# LeetCode 930: Binary Subarrays With Sum

## Problem Restatement

We are given a binary array `nums` and an integer `goal`.

A binary array means every value is either:

```python
0
```

or:

```python
1
```

We need to count how many non-empty contiguous subarrays have sum exactly equal to `goal`.

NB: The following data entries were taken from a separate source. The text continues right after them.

-- ===== src/Directory/Writes.antt =====
-- The writes of `checkVersion` and of `createInternal`, on nodes that are well-formed.
use Prim.Native.String.{String}
use foundationdb_effect.Prelude.{
  ◌≡◌, ◌⊎◌, inl, inr, refl, sym, ap, ◌∙◌, subst, some, List, [], ◌∷◌, ◌++◌, append-nil, All,
  All-append,
}
use foundationdb_effect.Bytes.{Bytes, IsBytes}
use foundationdb_effect.Bytes.Prefix.{HasPrefix, HasPrefix-append}
use foundationdb_effect.Directory.{set_version}
use foundationdb_effect.Directory.State.{
  NodeRows, Nodes, put_at, rows_of, set_child, directory_version,
}
use foundationdb_effect.Directory.Free.{keys, Member, Apart, PrefixFree, All-Member}
use foundationdb_effect.Directory.Consistent.{
  ChildrenIn, ClosedIn, WellFormed, put_at-All, keys-put_at_known, keys-put_at_new,
  ChildrenIn-rows_of, ClosedIn-more, set_child-ChildrenIn, Member-append, Member-last,
  PrefixFree-append,
}

-- Rows written at a node, with children among the nodes.
pub put_known-WellFormed :
    (root prefix : Bytes) (rows : NodeRows) (nodes : Nodes)
    → Member prefix (keys nodes)
    → ChildrenIn (keys nodes) rows.children
    → WellFormed root nodes
    → WellFormed root (put_at prefix rows nodes) × (keys (put_at prefix rows nodes) ≡ keys nodes)
put_known-WellFormed root prefix rows nodes member children w =
    let same = keys-put_at_known prefix rows nodes member in
    (
      record {
        apart = subst (λ ks. PrefixFree ks) (sym same) w.apart;
        of_bytes = subst (λ ks. All IsBytes ks) (sym same) w.of_bytes;
        rooted = subst (λ ks. (ks ≡ []) ⊎ Member root ks) (sym same) w.rooted;
        closed =
            subst (λ ks. ClosedIn ks (put_at prefix rows nodes)) (sym same)
              (put_at-All (λ _ rows. ChildrenIn (keys nodes) rows.children) prefix rows nodes
                w.closed children);
      },
      same,
    )

-- Rows written at the root, which becomes the first node where there is none.
put_root-WellFormed :
    (root : Bytes) (rows : NodeRows) (nodes : Nodes)
    → IsBytes root
    → ChildrenIn (keys nodes) rows.children
    → WellFormed root nodes
    → WellFormed root (put_at root rows nodes)
put_root-WellFormed root rows nodes b children w = elim w.rooted [
  | inl empty ↦ first root rows nodes b empty children w.closed
  | inr member ↦ (put_known-WellFormed root root rows nodes member children w).0
]
  where
    first :
        (root : Bytes) (rows : NodeRows) (nodes : Nodes)
        → IsBytes root
        → keys nodes ≡ []
        → ChildrenIn (keys nodes) rows.children
        → ClosedIn (keys nodes) nodes
        → WellFormed root (put_at root rows nodes)
    first root rows [] b empty children closed = record {
      apart = (tt, tt);
      of_bytes = (b, tt);
      rooted = inr (inl refl);
      closed = ClosedIn-more [] (root ∷ []) ((root, rows) ∷ []) (λ p m. absurd m) (children, tt);
    }
    first root rows ((k, a) ∷ rest) b empty children closed = cc

pub set_version-WellFormed :
    (root : Bytes) (nodes : Nodes)
    → IsBytes root
    → WellFormed root nodes
    → WellFormed root (set_version root nodes)
set_version-WellFormed root nodes b w =
    put_root-WellFormed root (record (rows_of root nodes) { version = some directory_version })
      nodes b (ChildrenIn-rows_of (keys nodes) root nodes w.closed) w

HasPrefix-refl : (p : Bytes) → HasPrefix p p
HasPrefix-refl p = subst (λ q. HasPrefix q p) (append-nil p) (HasPrefix-append p [])

root_of :
    (root parent : Bytes) (ps : List Bytes)
    → (ps ≡ []) ⊎ Member root ps
    → Member parent ps
    → Member root ps
root_of root parent ps (inl empty) m = absurd (subst (λ ps. Member parent ps) empty m)
root_of root parent ps (inr there) m = there

-- The rows of a parent with one child more.
abbrev link : Bytes → String → Bytes → Nodes → Nodes
link parent name prefix nodes =
    let rows = rows_of parent nodes in
    put_at parent (record rows { children = set_child name prefix rows.children }) nodes

link-ClosedIn :
    (parent prefix : Bytes) (name : String) (nodes : Nodes)
    → ClosedIn (keys nodes) nodes
    → ClosedIn (keys nodes ++ prefix ∷ []) (link parent name prefix nodes)
link-ClosedIn parent prefix name nodes closed =
    let ps = keys nodes ++ prefix ∷ [] in
    let closed' =
      ClosedIn-more (keys nodes) ps nodes (λ p m. Member-append p (keys nodes) (prefix ∷ []) m)
        closed in
    put_at-All (λ _ rows. ChildrenIn ps rows.children) parent _ nodes closed'
      (set_child-ChildrenIn ps name prefix (rows_of parent nodes).children
        (Member-last prefix (keys nodes)) (ChildrenIn-rows_of ps parent nodes closed'))

-- A new node below one of the nodes.
pub add_node-WellFormed :
    (root parent prefix layer : Bytes) (name : String) (nodes : Nodes)
    → IsBytes prefix
    → All (Apart prefix) (keys nodes)
    → Member parent (keys nodes)
    → WellFormed root nodes
    → let linked = link parent name prefix nodes in
      let added = put_at prefix (record (rows_of prefix linked) { layer = some layer }) linked in
      WellFormed root added × Member prefix (keys added)
add_node-WellFormed root parent prefix layer name nodes b apart member w =
    let linked = link parent name prefix nodes in
    let rows = record (rows_of prefix linked) { layer = some layer } in
    let same : keys linked ≡ keys nodes = keys-put_at_known parent _ nodes member in
    let absent : (¬ Member prefix (keys linked)) = λ m.
      (All-Member (Apart prefix) (keys nodes) prefix apart
          (subst (λ ks. Member prefix ks) same m)).0
        (HasPrefix-refl prefix) in
    let ks : keys (put_at prefix rows linked) ≡ keys nodes ++ prefix ∷ [] =
      keys-put_at_new prefix rows linked absent ∙ ap (λ ks. ks ++ prefix ∷ []) same in
    let closed = link-ClosedIn parent prefix name nodes w.closed in
    (
      record {
        apart =
            subst (λ ks. PrefixFree ks) (sym ks)
              (PrefixFree-append (keys nodes) prefix w.apart apart);
        of_bytes =
            subst (λ ks. All IsBytes ks) (sym ks)
              (All-append IsBytes (keys nodes) (prefix ∷ []) w.of_bytes (b, tt));
        rooted = inr (
            subst (λ ks. Member root ks) (sym ks)
              (Member-append root (keys nodes) (prefix ∷ [])
                (root_of root parent (keys nodes) w.rooted member)));
        closed =
            subst (λ ks. ClosedIn ks (put_at prefix rows linked)) (sym ks)
              (put_at-All (λ _ rows. ChildrenIn (keys nodes ++ prefix ∷ []) rows.children) prefix
                rows linked closed
                (ChildrenIn-rows_of (keys nodes ++ prefix ∷ []) prefix linked closed));
      },
      subst (λ ks. Member prefix ks) (sym ks) (Member-last prefix (keys nodes)),
    )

A subarray must be continuous. We cannot skip elements.

The official statement asks for the number of non-empty subarrays whose sum is `goal`, where `nums` is binary. Example cases include `[1,0,1,0,1]` with `goal = 2`, which returns `4`, and `[0,0,0,0,0]` with `goal = 0`, which returns `15`.

## Input and Output

| Item | Meaning |
|---|---|
| Input | A binary array `nums` and an integer `goal` |
| Output | Number of non-empty subarrays with sum `goal` |
| Subarray | A contiguous part of the array |
| Values | Each `nums[i]` is `0` or `1` |

Function shape:

```python
class Solution:
    def numSubarraysWithSum(self, nums: list[int], goal: int) -> int:
        ...
```

## Examples

Example 1:

```python
nums = [1, 0, 1, 0, 1]
goal = 2
```

The valid subarrays are:

```text
[1, 0, 1]
[1, 0, 1, 0]
[0, 1, 0, 1]
[1, 0, 1]
```

There are `4` valid subarrays.

So the answer is:

```python
4
```

Example 2:

```python
nums = [0, 0, 0, 0, 0]
goal = 0
```

Every non-empty subarray has sum `0`.

There are:

```text
5 + 4 + 3 + 2 + 1 = 15
```

valid subarrays.

So the answer is:

```python
15
```

## First Thought: Check Every Subarray

The direct way is to try every starting index and every ending index.

For each start:

1. Keep a running sum.
2. Extend the end index one step at a time.
3. Count the subarray when the running sum equals `goal`.

Code:

```python
class Solution:
    def numSubarraysWithSum(self, nums: list[int], goal: int) -> int:
        n = len(nums)
        ans = 0

        for left in range(n):
            total = 0

            for right in range(left, n):
                total += nums[right]

                if total == goal:
                    ans += 1

        return ans
```

This is correct, but it checks too many subarrays.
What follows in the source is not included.